• **Directions for this task**
Return every line below in which "submits" appears.

Dataset items:
▽

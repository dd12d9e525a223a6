-- ===== src/Tests.antt =====
-- Runs of the definitions on concrete inputs.
pub mod Samples
mod Engine
mod Dedups
mod Pumps
mod Grouped
mod Polls
mod Positions
mod Sales
mod Streams
mod Tracked
mod Statistics
mod Dispatched
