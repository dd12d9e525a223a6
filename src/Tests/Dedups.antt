-- ===== src/Tests/Dedups.antt =====
-- The claims and the signatures.
use rust_solana_cc_v.Prelude.{
  ◌+◌, ◌≡◌, ◌≤◌, ◌⊎◌, ◌↔◌, refl, true, false, some, none, List, [], ◌∷◌, arith, Str, Str-discrete,
  codes, get,
}
use rust_solana_cc_v.Dedup.Claims.{
  GroupMintClaim, GroupMintDedup, try_start_group_mint, finish_group_mint, start_claim,
  keep_group_mint_claim, group_mint_dedup_success, group_mint_dedup_stale,
}
use rust_solana_cc_v.Dedup.Signatures.{Sighting, should_skip_signature}
use rust_solana_cc_v.Dedup.Exclusion.{
  Use, starts, finishes, sweeps, grants, releases, grants-le-releases, keep_group_mint_claim_sound,
  finish_group_mint_cools,
}
use rust_solana_cc_v.Dedup.Passes.{
  CacheEvent, seen, swept, cache_after, remembered, any_landed, should_skip_signature_lem,
}

abbrev claim_key : Str
claim_key = codes "g1:7"

abbrev uses : List Use
uses =
    starts 0 claim_key
    ∷ starts 1 claim_key
    ∷ finishes 2 claim_key true
    ∷ sweeps 3
    ∷ starts 4 claim_key
    ∷ []

grants-le-releases_example : grants claim_key uses [] ≤ 1 + releases claim_key uses
grants-le-releases_example = grants-le-releases claim_key uses

abbrev cooled : GroupMintClaim
cooled = record { in_flight = false; cooldown_until = some 5; last_touched = 1 }

cooled_dropped : keep_group_mint_claim 6 cooled ≡ false
unfolding keep_group_mint_claim
cooled_dropped = refl

keep_group_mint_claim_sound_example :
    ((cooled.in_flight ≡ true) × (1 + group_mint_dedup_stale ≤ 6))
    ⊎ (start_claim 8 (some cooled) ≡ start_claim 8 none)
keep_group_mint_claim_sound_example =
    keep_group_mint_claim_sound 6 8 cooled (omega arith) cooled_dropped

abbrev claims : GroupMintDedup
claims = (claim_key, record { in_flight = true; cooldown_until = none; last_touched = 0 }) ∷ []

claim_found :
    get Str-discrete claim_key claims
    ≡ some (record { in_flight = true; cooldown_until = none; last_touched = 0 })
unfolding get Str-discrete
claim_found = refl

finish_group_mint_cools_example :
    ((try_start_group_mint 9 claim_key (finish_group_mint 3 claim_key true claims)).1 ≡ true)
    ↔ (3 + group_mint_dedup_success ≤ 9)
finish_group_mint_cools_example =
    finish_group_mint_cools 3 9 claim_key claims
      (record { in_flight = true; cooldown_until = none; last_touched = 0 }) claim_found

abbrev pre : Sighting
pre = record { signature = codes "a"; is_pre_execution = true }

abbrev late : Sighting
late = record { signature = codes "a"; is_pre_execution = false }

-- The landed trade at 1 is forgotten by the round at 12 seconds, the one before its execution at 15
-- seconds is not forgotten by the round at 20 seconds.
abbrev seen_twice : List CacheEvent
seen_twice = swept 20000000000 ∷ seen 15000000000 pre ∷ swept 12000000000 ∷ seen 1 late ∷ []

should_skip_signature_lem_example :
    (should_skip_signature 21000000000 late (cache_after seen_twice)).1
    ≡ any_landed (remembered (codes "a") seen_twice)
should_skip_signature_lem_example = should_skip_signature_lem 21000000000 late seen_twice

not_skipped : any_landed (remembered (codes "a") seen_twice) ≡ false
unfolding remembered any_landed Str-discrete
not_skipped = refl
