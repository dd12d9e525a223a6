-- ===== src/Tests/Samples.antt =====
-- The data of the tests: whole numbers in place of `f64`, and a group.
use rust_solana_cc_v.Prelude.{
  ℕ, ◌+◌, ◌-◌, ◌*◌, ◌/◌, min, max, true, none, some, [], ◌∷◌, arith, ltb, leb, codes,
}
use rust_solana_cc_v.Float.{F64, IsOrdered}
use rust_solana_cc_v.Groups.Group.{CopyGroup}
use rust_solana_cc_v.Position.State.{Position, PositionKey, active, SellAccountSnapshot}
use rust_solana_cc_v.Manager.Persistence.{AddressText}
use rust_solana_cc_v.Manager.Store.{AutoSellManager}

abbrev pub whole : F64 ℕ
whole = record {
  of_u64 = λ n. n;
  add = λ a b. a + b;
  sub = λ a b. a - b;
  mul = λ a b. a * b;
  div = λ a b. a / b;
  neg = λ a. 0 - a;
  fmax = max;
  fmin = min;
  flt = ltb;
  fle = leb;
  to_u64 = λ n. n;
  to_u128 = λ n. n;
}

pub whole-IsOrdered : IsOrdered whole
whole-IsOrdered = record {
  fle_trans = λ a b c p q. ground arith;
  fle_of_flt = λ a b p. ground arith;
  flt_total = λ a b p q. ground arith;
}

-- One character stands for an address.
abbrev pub one_code : AddressText
one_code = record { to_text = λ k. k ∷ []; from_text = λ s. elim s [ [] ↦ none | k ∷ _ ↦ some k ] }

abbrev pub group : CopyGroup ℕ
group = record {
  id = codes "g1";
  name = codes "group-1";
  enabled = true;
  wallets = 11 ∷ 12 ∷ [];
  consensus_min_wallets = 2;
  consensus_timeout_secs = 60;
  buy_sol_amount = 1;
  min_target_buy_sol = 0;
  take_profit_percent = 30;
  stop_loss_percent = 20;
  trailing_stop_percent = 10;
  slippage_bps = 1000;
  sell_slippage_bps = 1000;
  max_hold_seconds = 0;
  tip_buy_lamports = 0;
  tip_sell_lamports = 0;
  zero_slot_tip_lamports = 0;
  entry_mode = 0;
  sell_mode = 0;
}

abbrev pub snapshot : SellAccountSnapshot
snapshot = record {
  bonding_curve = 21;
  associated_bonding_curve = 22;
  user_ata = 23;
  token_program = 24;
  mirror_accounts = [];
  source_wallet = 11;
}

-- A position that holds 100 units, bought at 10, now at 8.
abbrev pub held : Position ℕ
held = record {
  group = group;
  token_mint = 7;
  state = active;
  entry_sol_amount = 1000;
  token_amount = 100;
  entry_price_sol = 10;
  token_name = [];
  entry_mcap_sol = 0;
  highest_price = 10;
  current_price = 8;
  created_at = 0;
  confirmed_at = some 1;
  source_wallet = 11;
  buy_signature = codes "buy";
  sell_signature = none;
  sell_snapshot = some snapshot;
  pre_buy_ata_balance = 0;
  sell_attempts = 0;
  zero_balance_sell_skips = 0;
}

abbrev pub held_key : PositionKey
held_key = record { group_id = codes "g1"; token_mint = 7 }

abbrev pub manager : AutoSellManager ℕ
manager = record { positions = (held_key, held) ∷ []; file = none }
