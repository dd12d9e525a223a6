-- ===== src/Tests/Dispatched.antt =====
-- A trade of a wallet that one group follows alone and another one with a second wallet, which has voted.
use rust_solana_cc_v.Prelude.{
  ℕ, ◌≡◌, true, false, none, some, List, [], ◌∷◌, refl, length, get, insert, codes, Str-discrete,
  ℕ_discrete, All,
}
use rust_solana_cc_v.Trade.{pumpfun, direct}
use rust_solana_cc_v.Consensus.Signals.{
  find_wallet, tally_votes, should_trigger, max_by_key, counts_for_candidate_consensus,
}
use rust_solana_cc_v.Consensus.Engine.{
  ConsensusKey-discrete, submit_signal, submit_entry, conclude, new_entry,
}
use rust_solana_cc_v.Consensus.Runs.{Call, submits, run, step, run-IsValid}
use rust_solana_cc_v.Groups.Ids.{str_leb}
use rust_solana_cc_v.Groups.Group.{CopyGroup, buy_on_smart_buy, min_target_buy_lamports}
use rust_solana_cc_v.Groups.Manager.{GroupManager, insert_by_id, all_groups_of, groups_for_wallet}
use rust_solana_cc_v.Dedup.Signatures.{skip_entry, should_skip_signature}
use rust_solana_cc_v.Stream.Types.{DetectedTrade}
use rust_solana_cc_v.Dispatch.Tokens.{extract_token_info}
use rust_solana_cc_v.Dispatch.Trades.{
  wants_entry, follow_sale, follow_sales, enter_group, enter_groups, copy_trade, Dispatcher,
  handle_trade, buy_signal,
}
use rust_solana_cc_v.Dispatch.Allowed.{is_repeated, IsAllowed, handle_trade-IsAllowed}
use rust_solana_cc_v.Tests.Samples.{whole, group, manager}

abbrev alone : CopyGroup ℕ
alone = record group { consensus_min_wallets = 1 }

abbrev groups : GroupManager ℕ
groups = record {
  groups = (codes "g1", alone) ∷ (codes "g2", record group { id = codes "g2" }) ∷ [];
  selected_group_id = some (codes "g1");
  blocklist = [];
  zero_slot_buy_enabled = false;
  file = none;
}

abbrev trade : DetectedTrade
trade = record {
  signature = codes "signature";
  source_wallet = 11;
  trade_type = pumpfun;
  trade_origin = direct;
  is_buy = true;
  program_id = 54;
  instruction_data = [];
  instruction_accounts = [];
  all_account_keys = 11 ∷ 54 ∷ [];
  detected_at = 3;
  sol_amount_lamports = 500;
  raw_transaction_bytes = [];
  is_pre_execution = false;
  execution_failed = false;
  token_mint = some 90;
  token_program = some 7;
}

-- The vote of the wallet 12, a nanosecond before the trade.
abbrev votes : List Call
votes =
    submits 2 2 (record {
      group_id = codes "g2";
      group_name = codes "group-1";
      token_mint = 90;
      wallet = 12;
      token_program = 7;
      detected_at = 2;
      signature = codes "earlier";
      consensus_min_wallets = 2;
      consensus_timeout_secs = 60;
      instruction_data = [];
      instruction_accounts = [];
      sol_amount_lamports = 400;
      is_pre_execution = false;
      trade_origin = direct;
    })
    ∷ []

abbrev waiting : Dispatcher
waiting = record { grpc_events = 0; sig_cache = []; consensus_engine = (run [] votes).0 }

handle_trade-IsAllowed_example :
    All
      (λ e.
        (true ≡ true)
        × (is_repeated ⦃f = whole⦄ manager groups trade (λ s. 7) 5 waiting ≡ false)
        × IsAllowed ⦃f = whole⦄ manager groups trade (λ s. 7) 5 e)
      (handle_trade ⦃f = whole⦄ manager (λ s. 7) 5 6 true groups trade waiting).1
handle_trade-IsAllowed_example =
    handle_trade-IsAllowed ⦃f = whole⦄ manager groups trade (λ s. 7) 5 6 true waiting
      (run-IsValid votes)

-- The caches are warmed, one buy is started, and the second vote sends a trigger.
three_effects :
    length (handle_trade ⦃f = whole⦄ manager (λ s. 7) 5 6 true groups trade waiting).1 ≡ 3
unfolding handle_trade should_skip_signature skip_entry get insert groups_for_wallet all_groups_of
    insert_by_id extract_token_info copy_trade follow_sales follow_sale enter_groups enter_group
    wants_entry buy_on_smart_buy min_target_buy_lamports Str-discrete ℕ_discrete run step
    submit_signal submit_entry conclude new_entry find_wallet tally_votes should_trigger max_by_key
    counts_for_candidate_consensus ConsensusKey-discrete str_leb buy_signal
three_effects = refl
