-- ===== src/Tests/Engine.antt =====
-- The consensus engine on the signals of two wallets.
use rust_solana_cc_v.Prelude.{
  ◌+◌, ◌≡◌, ◌≤◌, refl, inl, true, false, none, some, List, [], ◌∷◌, arith, if◌then◌else◌, is_empty,
  retain, codes,
}
use rust_solana_cc_v.Trade.{direct}
use rust_solana_cc_v.Consensus.Signals.{
  BuySignal, ConsensusTrigger, TokenSignals, counts_for_candidate_consensus, find_wallet,
  should_trigger, tally_votes, max_by_key, make_trigger, min_by_key, canonical_score, is_live,
}
use rust_solana_cc_v.Consensus.Engine.{ConsensusKey, submit_entry, reject_entry, cleanup_entry}
use rust_solana_cc_v.Consensus.Invariant.{IsValid}
use rust_solana_cc_v.Consensus.Quorum.{Quorum, submit_entry-Quorum}
use rust_solana_cc_v.Consensus.Runs.{
  Call, submits, cleans, EngineValid, run, run-IsValid, triggers, reopenings,
}
use rust_solana_cc_v.Consensus.Once.{triggers-le-reopenings}
use rust_solana_cc_v.Consensus.Retract.{reject_entry_silent, cleanup_entry_lem}

abbrev first_vote : BuySignal
first_vote = record {
  group_id = codes "g1";
  group_name = codes "group-1";
  token_mint = 7;
  wallet = 11;
  token_program = 24;
  detected_at = 0;
  signature = codes "a";
  consensus_min_wallets = 2;
  consensus_timeout_secs = 60;
  instruction_data = [];
  instruction_accounts = [];
  sol_amount_lamports = 5;
  is_pre_execution = false;
  trade_origin = direct;
}

abbrev second_vote : BuySignal
second_vote = record first_vote {
  wallet = 12;
  detected_at = 9;
  signature = codes "b";
  instruction_accounts = 3 ∷ [];
}

abbrev waiting : TokenSignals
waiting = record { signals = first_vote ∷ []; triggered = false; min_wallets = 2; timeout = 60 }

abbrev trigger : ConsensusTrigger
trigger = record {
  group_id = codes "g1";
  group_name = codes "group-1";
  token_mint = 7;
  wallets = 11 ∷ 12 ∷ [];
  first_signature = codes "a";
  canonical_signature = codes "b";
  canonical_wallet = 12;
  canonical_token_program = 24;
  canonical_instruction_data = [];
  canonical_instruction_accounts = 3 ∷ [];
  canonical_trade_origin = direct;
  triggered_at = 9;
}

abbrev full : TokenSignals
full = record waiting { signals = first_vote ∷ second_vote ∷ []; triggered = true }

engine : Unit {0}
unfolding submit_entry reject_entry counts_for_candidate_consensus find_wallet should_trigger
    tally_votes max_by_key make_trigger min_by_key canonical_score
engine = tt

waiting-IsValid : IsValid waiting
unfolding engine
waiting-IsValid = record { distinct = (tt, tt); settled = λ _. inl (omega arith) }

second_vote_triggers : submit_entry 9 9 second_vote waiting ≡ (full, some trigger)
unfolding engine
second_vote_triggers = refl

submit_entry-Quorum_example : Quorum 9 second_vote waiting full trigger
submit_entry-Quorum_example =
    submit_entry-Quorum 9 9 second_vote waiting waiting-IsValid second_vote_triggers

abbrev calls : List Call
calls = submits 0 0 first_vote ∷ submits 9 9 second_vote ∷ cleans 10 ∷ []

run-IsValid_example : EngineValid (run [] calls).0
run-IsValid_example = run-IsValid calls

abbrev mint_key : ConsensusKey
mint_key = record { group_id = codes "g1"; token_mint = 7 }

triggers-le-reopenings_example : triggers mint_key (run [] calls).1 ≤ 1 + reopenings mint_key calls
triggers-le-reopenings_example = triggers-le-reopenings mint_key calls

rejection_is_silent : (reject_entry 11 (codes "a") waiting).0.triggered ≡ false
rejection_is_silent = reject_entry_silent 11 (codes "a") waiting waiting-IsValid (omega arith) refl

cleanup_entry_lem_example : cleanup_entry 200 full ≡ (
    if is_empty (retain (is_live 200 60) full.signals)
    then none
    else some (record full { signals = retain (is_live 200 60) full.signals }))
cleanup_entry_lem_example = cleanup_entry_lem 200 full
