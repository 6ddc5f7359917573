-- ===== src/Sketch/Keys.antt =====
-- Which keys draw, and where.
use fhmuenster.Base.{
  ℕ, ◌+◌, ◌-◌, ◌<◌, ◌≡◌, refl, ap, ◌⊎◌, inl, inr, false, true, none, some, List, [], ◌∷◌, ltb,
  arith, Bool-cases,
}
use fhmuenster.Sketch.{
  P5, background, fill, rect, Page, from_a, to_z, key_index, shade, setup, key_pressed,
}

-- The result of `key_index`: none, or the place in the alphabet of the letter that comes first, and
-- `z` only by itself.
abbrev pub IsLetter : List ℕ → ℕ → Type 0
IsLetter key k = (cs : List ℕ) × (key ≡ (97 + k) ∷ cs) × (k < 25 ⊎ ((k ≡ 25) × (cs ≡ [])))

one-IsLetter : (c : ℕ) → ltb c 97 ≡ false → ltb 122 c ≡ false → IsLetter (c ∷ []) (c - 97)
one-IsLetter c a z = elim (Bool-cases (ltb c 122)) [
  | inl below ↦ ([], from_97, inl (ground arith))
  | inr top ↦ ([], from_97, inr (ground arith, refl))
]
  where
    from_97 : c ∷ [] ≡ (97 + (c - 97)) ∷ []
    from_97 = ground arith

-- A key that begins before `a`, or after `z`, or with a `z` that has a code unit behind it.
below_a : (c : ℕ) (cs : List ℕ) → ltb c 97 ≡ true → ¬ ((k : ℕ) × IsLetter (c ∷ cs) k)
below_a c cs low (k, (ds, same, place)) = let first : c ≡ 97 + k = cc in ground arith

above_z : (c : ℕ) → ltb 122 c ≡ true → ¬ ((k : ℕ) × IsLetter (c ∷ []) k)
above_z c high (k, (ds, same, place)) = let first : c ≡ 97 + k = cc in ground arith

longer_z : (c d : ℕ) (cs : List ℕ) → ltb c 122 ≡ false → ¬ ((k : ℕ) × IsLetter (c ∷ d ∷ cs) k)
longer_z c d cs high (k, (ds, same, inl low)) = let first : c ≡ 97 + k = cc in ground arith
longer_z c d cs high (k, (ds, same, inr (z, alone))) = cc

nothing : ¬ ((k : ℕ) × IsLetter [] k)
nothing (k, (ds, same, place)) = cc

key_index_cases :
    (key : List ℕ)
    → ((key_index key ≡ none) × ¬ ((k : ℕ) × IsLetter key k))
      ⊎ ((k : ℕ) × (key_index key ≡ some k) × IsLetter key k)
unfolding key_index from_a to_z
key_index_cases [] = inl (refl, nothing)
key_index_cases (c ∷ []) = elim (Bool-cases (ltb c 97)) [
  | inl low ↦ inl (rw low refl, below_a c [] low)
  | inr a ↦ elim (Bool-cases (ltb 122 c)) [
    | inl high ↦ inl (rw (a, high) refl, above_z c high)
    | inr z ↦ inr (c - 97, rw (a, z) refl, one-IsLetter c a z)
  ]
]
key_index_cases (c ∷ d ∷ cs) = elim (Bool-cases (ltb c 97)) [
  | inl low ↦ inl (rw low refl, below_a c (d ∷ cs) low)
  | inr a ↦ elim (Bool-cases (ltb c 122)) [
    | inl z ↦
        inr (
          c - 97,
          rw (a, z) refl,
          (d ∷ cs, ap (λ t. t ∷ d ∷ cs) (ground arith), inl (ground arith)),
        )
    | inr high ↦ inl (rw (a, high) refl, longer_z c d cs high)
  ]
]

module _ {p : P5} where
  open p use {R, of_ℕ, sub}

  -- A key that begins with one of the letters `a` to `z`, where `z` stands alone, fills one
  -- rectangle, a quarter of the canvas wide after `setup`, at the place on the width to which p5
  -- maps the letter's place from 0 to 25; every other key clears the page and fills nothing.
  pub key_pressed-setup :
      (key : List ℕ) (r1 r2 r3 : R) (s : Page p)
      → let page = setup s in
        (¬ ((k : ℕ) × IsLetter key k)
          × ((key_pressed key r1 r2 r3 page).log ≡ background 230 ∷ page.log))
        ⊎ ((k : ℕ) × IsLetter key k
            × ((key_pressed key r1 r2 r3 page).log
                ≡ rect
                    (p.map_range
                      (of_ℕ k)
                      (of_ℕ 0)
                      (of_ℕ 25)
                      (of_ℕ 0)
                      (sub (of_ℕ 720) (p.div (of_ℕ 720) (of_ℕ 4))))
                    (of_ℕ 0)
                    (p.div (of_ℕ 720) (of_ℕ 4))
                    (of_ℕ 400)
                  ∷ fill (shade p r1) (shade p r2) (shade p r3)
                  ∷ page.log))
  unfolding key_pressed setup
  key_pressed-setup key r1 r2 r3 s = elim (key_index_cases key) [
    | inl (missing, other) ↦ inl (other, rw missing refl)
    | inr (k, found, letter) ↦ inr (k, letter, rw found refl)
  ]
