-- ===== src/Examples/Page.antt =====
-- The theorem on the sketch's keys.
use fhmuenster.Base.{ℕ, ◌+◌, ◌-◌, ◌*◌, ◌/◌, ◌≡◌, ◌⊎◌, [], ◌∷◌}
use fhmuenster.Sketch.{P5, background, fill, rect, Page, shade, setup, key_pressed}
use fhmuenster.Sketch.Keys.{IsLetter, key_pressed-setup}

-- Whole numbers, on which 25 steps of `map` are counted out.
abbrev whole : P5
whole = record {
  R = ℕ;
  of_ℕ = λ n. n;
  add = λ a b. a + b;
  sub = λ a b. a - b;
  mul = λ a b. a * b;
  div = λ a b. a / b;
  floor = λ a. a;
  map_range = λ a b c d e. a * e;
}

abbrev empty_page : Page whole
empty_page = record {
  width = 0;
  height = 0;
  rect_width = 0;
  fill_r = 0;
  fill_g = 0;
  fill_b = 0;
  log = [];
}

-- The key `c`.
key_pressed-setup_example :
    let page = setup empty_page in
    (¬ ((k : ℕ) × IsLetter (99 ∷ []) k)
      × ((key_pressed (99 ∷ []) 0 1 0 page).log ≡ background 230 ∷ page.log))
    ⊎ ((k : ℕ) × IsLetter (99 ∷ []) k
        × ((key_pressed (99 ∷ []) 0 1 0 page).log
            ≡ rect (k * 540) 0 180 400
              ∷ fill (shade whole 0) (shade whole 1) (shade whole 0)
              ∷ page.log))
key_pressed-setup_example = key_pressed-setup (99 ∷ []) 0 1 0 empty_page
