-- ===== src/Examples/Program.antt =====
-- The theorem on runs of the whole program.
use fhmuenster.Base.{refl, true, false, some, List, [], ◌∷◌}
use fhmuenster.Platform.Symbolic.{symbolic, whole}
use fhmuenster.Camera.Keys.{keydown, keyup}
use fhmuenster.GameController.Connection.{connected}
use fhmuenster.Texture.{onload}
use fhmuenster.Main.Frame.{Input, frame, key, gamepad, image, new_program}
use fhmuenster.Main.Frame.Ready.{GoesOn}
use fhmuenster.Main.Frame.Run.{run, new_program-run}
use fhmuenster.Examples.Data.{blank}

abbrev inputs : List (Input symbolic)
inputs =
    frame (record { first = 20; second = 21; read = λ i. record { buttons = []; axes = [] } })
    ∷ key (keydown "w")
    ∷ gamepad (connected (λ i. true) 2)
    ∷ image (record { texture = 3; image = 1 }) onload
    ∷ frame (record {
      first = 36;
      second = 36;
      read = λ i. record { buttons = []; axes = whole 1 ∷ whole 0 ∷ [] };
    })
    ∷ key (keyup "w")
    ∷ []

new_program-run_example :
    let (m, pr) = new_program symbolic 5 (λ i. false) blank in
    GoesOn (some 2) (run m.camera_id inputs pr)
new_program-run_example =
    new_program-run symbolic 5 (λ i. false) blank inputs (tt, (tt, (refl, (tt, (tt, (tt, tt))))))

△

• **Your solution**
use rust_solana_cc_v.Consensus.Runs.{Call, submits, run, step, run-IsValid}
    submits 2 2 (record {
  Call, submits, cleans, EngineValid, run, run-IsValid, triggers, reopenings,
calls = submits 0 0 first_vote ∷ submits 9 9 second_vote ∷ cleans 10 ∷ []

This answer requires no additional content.